■ **Exercise aim**:
Where "itself" appears in a line of the entries below, that line should be copied.

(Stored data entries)
=-=-=-=-=

-- ===== src/IocpServer/Packets/Clients.antt =====
-- IOCPServer.cpp and IOCPSession.cpp together: the bytes of many clients, whose completions are
-- handled one after another. `Clients/Streams` is about the packets in them.
pub mod Streams
use iocp_chat_server.Base.{
  ℕ, ◌≡◌, ◌≢◌, refl, sym, ap, ◌∙◌, ◌⊎◌, inl, inr, some, true, false, List, [], ◌∷◌, ◌==◌, arith,
  Option, subst, if◌then◌else◌, Bool-cases,
}
use iocp_chat_server.Network.{PacketObfuscation, Winsock}
use iocp_chat_server.Network.IoData.{io_read}
use iocp_chat_server.Network.IocpSession.{
  IocpSession, Received, needs_more, packaged, invalid_packet, overreads,
}
use iocp_chat_server.Network.IocpSession.Reassembly.{
  arrive, arrive_all, arrive_all-nil, arrive_all-cons, NonEmpty,
}
use iocp_chat_server.SessionManager.Memory.{Pointer, World, M, done, ◌>>=◌, ◌>>◌}
use iocp_chat_server.IocpServer.Packets.{packages, arrives, arrive-type}
use iocp_chat_server.IocpServer.Packets.Pieces.{AllFine, Puts, packed, arrives-Puts}

-- What Windows puts into the buffers, and for which session.
abbrev pub Arrivals : Type 0
Arrivals = List (Pointer × List ℕ)

unfoldable pub pieces_of : Pointer → Arrivals → List (List ℕ)
pieces_of p [] = []
pieces_of p ((q, c) ∷ es) = if q == p then c ∷ pieces_of p es else pieces_of p es

-- The packages of one session.
unfoldable pub packages_of : Pointer → List (Pointer × ℕ) → List ℕ
packages_of p [] = []
packages_of p ((q, k) ∷ l) = if q == p then k ∷ packages_of p l else packages_of p l

-- The packages of these results, on top of those before.
abbrev pub newest : List (Received ℕ) → List ℕ → List ℕ
newest [] l = l
newest (packaged k ∷ rs) l = newest rs (k ∷ l)
newest (needs_more ∷ rs) l = newest rs l
newest (invalid_packet ∷ rs) l = newest rs l
newest (overreads ∷ rs) l = newest rs l

packages_of-packed :
    (p q : Pointer) (r : Received ℕ) (l : List (Pointer × ℕ))
    → (p == q) ≡ true
    → packages_of q (packed p (r ∷ []) l) ≡ newest (r ∷ []) (packages_of q l)
unfolding packages_of packed
packages_of-packed p q (packaged k) l y = rw y refl
packages_of-packed p q needs_more l y = refl
packages_of-packed p q invalid_packet l y = refl
packages_of-packed p q overreads l y = refl

packages_of-packed_ne :
    (p q : Pointer) (r : Received ℕ) (l : List (Pointer × ℕ))
    → (p == q) ≡ false
    → packages_of q (packed p (r ∷ []) l) ≡ packages_of q l
unfolding packages_of packed
packages_of-packed_ne p q (packaged k) l n = rw n refl
packages_of-packed_ne p q needs_more l n = refl
packages_of-packed_ne p q invalid_packet l n = refl
packages_of-packed_ne p q overreads l n = refl

newest-cons :
    (r : Received ℕ) (rs : List (Received ℕ)) (l : List ℕ)
    → newest rs (newest (r ∷ []) l) ≡ newest (r ∷ rs) l
newest-cons (packaged k) rs l = refl
newest-cons needs_more rs l = refl
newest-cons invalid_packet rs l = refl
newest-cons overreads rs l = refl

some-injective : {s t : IocpSession} → some s ≡ some t → s ≡ t
some-injective e = cc

module _ (net : Winsock) (o : PacketObfuscation) (analyzer : List ℕ → Option ℕ) (fuel : ℕ) where
  -- One completion after another, as the workers get them.
  unfoldable pub arrive_from : Arrivals → M (Unit {0})
  arrive_from [] w = done tt w
  arrive_from ((p, c) ∷ es) w =
      let rest = arrive_from es in (do arrives net o analyzer fuel p c; rest) w

  -- The session at `p` reads, the pieces for it are not empty, and it lives on after each of them.
  pub record Ready (w : World) (p : Pointer) (cs : List (List ℕ)) : Type 0 where
    pub session : IocpSession
    pub there : w.heap p ≡ some session
    pub not_null : p ≢ 0
    pub reads : session.read.io_type ≡ io_read
    pub non_empty : NonEmpty cs
    pub fine : AllFine (arrive_all net o analyzer session cs).1

  -- Each session has become what its own pieces make of it, and its packages are those of its own pieces,
  -- in order.
  pub record Served (es : Arrivals) (w w' : World) : Type 0 where
    pub list : w'.session_list ≡ w.session_list
    pub there :
        (p : Pointer) (s : IocpSession)
        → w.heap p ≡ some s
        → w'.heap p ≡ some (arrive_all net o analyzer s (pieces_of p es)).0
    pub packages_put :
        (p : Pointer) (s : IocpSession)
        → w.heap p ≡ some s
        → packages_of p (packages w'.effects)
          ≡ newest
              (arrive_all net o analyzer s (pieces_of p es)).1
              (packages_of p (packages w.effects))

  Served-nil : (w : World) → Served [] w w
  unfolding pieces_of
  Served-nil w = record {
    list = refl;
    there = λ p s e. rw (arrive_all-nil net o analyzer s) e;
    packages_put = λ p s e. rw (arrive_all-nil net o analyzer s) refl;
  }

  Ready-next :
      (p : Pointer) (c : List ℕ) (cs : List (List ℕ)) (s : IocpSession) (l : List (Pointer × ℕ))
      (w v : World)
      → w.heap p ≡ some s
      → Puts p (arrive net o analyzer s c).0 l w v
      → Ready w p (c ∷ cs)
      → Ready v p cs
  Ready-next p c cs s l w v e puts r =
      let one : r.session ≡ s = some-injective (sym r.there ∙ e) in
      let all : AllFine (arrive_all net o analyzer s (c ∷ cs)).1 = rw (← one) (r.fine) in
      let fine : AllFine (
          (arrive net o analyzer s c).1
          ∷ (arrive_all net o analyzer (arrive net o analyzer s c).0 cs).1) =
        rw (arrive_all-cons net o analyzer s c cs) at all in
      record {
        session = (arrive net o analyzer s c).0;
        there = puts.there;
        not_null = r.not_null;
        reads =
            arrive-type net o analyzer s c
            ∙ ap (λ (x : IocpSession). x.read.io_type) (sym one)
            ∙ r.reads;
        non_empty = r.non_empty.1;
        fine = fine.1;
      }

  -- What the first completion leaves for the others.
  pub Ready-tail :
      (p q : Pointer) (c : List ℕ) (es : Arrivals) (s : IocpSession) (l : List (Pointer × ℕ))
      (w v : World)
      → w.heap p ≡ some s
      → Puts p (arrive net o analyzer s c).0 l w v
      → (pieces_of q ((p, c) ∷ es) ≡ []) ⊎ Ready w q (pieces_of q ((p, c) ∷ es))
      → (pieces_of q es ≡ []) ⊎ Ready v q (pieces_of q es)
  unfolding pieces_of
  Ready-tail p q c es s l w v e puts k = elim (Bool-cases (p == q)) [
    | inl y ↦
        let same : p ≡ q = ground arith in
        let mine : (c ∷ pieces_of q es ≡ []) ⊎ Ready w q (c ∷ pieces_of q es) = rw y at k in
        elim mine [
          | inl clash ↦ absurd cc
          | inr r ↦ inr (
              subst (λ (x : Pointer). Ready v x (pieces_of q es)) same
                (Ready-next p c (pieces_of q es) s l w v e puts
                  (subst (λ (x : Pointer). Ready w x (c ∷ pieces_of q es)) (sym same) r)))
        ]
    | inr n ↦
        let others : (pieces_of q es ≡ []) ⊎ Ready w q (pieces_of q es) = rw n at k in
        elim others [
          | inl nil ↦ inl nil
          | inr r ↦ inr (record {
            session = r.session;
            there = puts.others q (ground arith) ∙ r.there;
            not_null = r.not_null;
            reads = r.reads;
            non_empty = r.non_empty;
            fine = r.fine;
          })
        ]
  ]

  arrive_from-cons :
      (p : Pointer) (c : List ℕ) (es : Arrivals) (s : IocpSession) (w v w' : World)
      → w.heap p ≡ some s
      → Puts p
          (arrive net o analyzer s c).0
          (packed p ((arrive net o analyzer s c).1 ∷ []) (packages w.effects))
          w
          v
      → Served es v w'
      → Served ((p, c) ∷ es) w w'
  unfolding pieces_of
  arrive_from-cons p c es s w v w' e puts r = record {
    list = r.list ∙ puts.list;
    there = λ q t x. elim (Bool-cases (p == q)) [
      | inl y ↦
          let same : p ≡ q = ground arith in
          let one : s ≡ t = some-injective (sym e ∙ ap w.heap same ∙ x) in
          rw (y, ← one, arrive_all-cons net o analyzer s c (pieces_of q es))
            (r.there q (arrive net o analyzer s c).0 (ap v.heap (sym same) ∙ puts.there))
      | inr n ↦ rw n (r.there q t (puts.others q (ground arith) ∙ x))
    ];
    packages_put = λ q t x. elim (Bool-cases (p == q)) [
      | inl y ↦
          let same : p ≡ q = ground arith in
          let one : s ≡ t = some-injective (sym e ∙ ap w.heap same ∙ x) in
          let step = arrive net o analyzer s c in
          let rest = (arrive_all net o analyzer step.0 (pieces_of q es)).1 in
          rw (y, ← one, arrive_all-cons net o analyzer s c (pieces_of q es))
            (r.packages_put q step.0 (ap v.heap (sym same) ∙ puts.there)
              ∙ ap (newest rest) (
                  ap (packages_of q) puts.packages_put
                  ∙ packages_of-packed p q step.1 (packages w.effects) y)
              ∙ newest-cons step.1 rest (packages_of q (packages w.effects)))
      | inr n ↦ rw n (
          r.packages_put q t (puts.others q (ground arith) ∙ x)
          ∙ ap (newest (arrive_all net o analyzer t (pieces_of q es)).1) (
              ap (packages_of q) puts.packages_put
              ∙ packages_of-packed_ne p q (arrive net o analyzer s c).1 (packages w.effects) n))
    ];
  }

  pub arrive_from-Served :
      (es : Arrivals) (w : World)
      → ((p : Pointer) → (pieces_of p es ≡ []) ⊎ Ready w p (pieces_of p es))
      → (w' : World) × (arrive_from es w ≡ done tt w') × Served es w w'
  unfolding arrive_from pieces_of
  arrive_from-Served [] w h = (w, refl, Served-nil w)
  arrive_from-Served ((p, c) ∷ es) w h =
      let itself : (p == p) ≡ true = ground arith in
      let first : (c ∷ pieces_of p es ≡ []) ⊎ Ready w p (c ∷ pieces_of p es) = rw itself at (h p) in
      elim first [
        | inl clash ↦ absurd cc
        | inr r ↦
            let s = r.session in
            let step = arrive net o analyzer s c in
            let fine : AllFine (step.1 ∷ (arrive_all net o analyzer step.0 (pieces_of p es)).1) =
              rw (arrive_all-cons net o analyzer s c (pieces_of p es)) at (r.fine) in
            let a =
              arrives-Puts net o analyzer fuel p r.not_null c s w r.there r.non_empty.0 r.reads
                fine.0 in
            let b = arrive_from-Served es a.0 (λ q.
              Ready-tail p q c es s (packed p (step.1 ∷ []) (packages w.effects)) w a.0 r.there a.2
                (h q)) in
            (b.0, rw (a.1, ◌>>=◌) (b.1), arrive_from-cons p c es s w a.0 b.0 r.there a.2 b.2)
      ]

=-=-=-=-=

■ **Result**:
      let itself : (p == p) ≡ true = ground arith in
      let first : (c ∷ pieces_of p es ≡ []) ⊎ Ready w p (c ∷ pieces_of p es) = rw itself at (h p) in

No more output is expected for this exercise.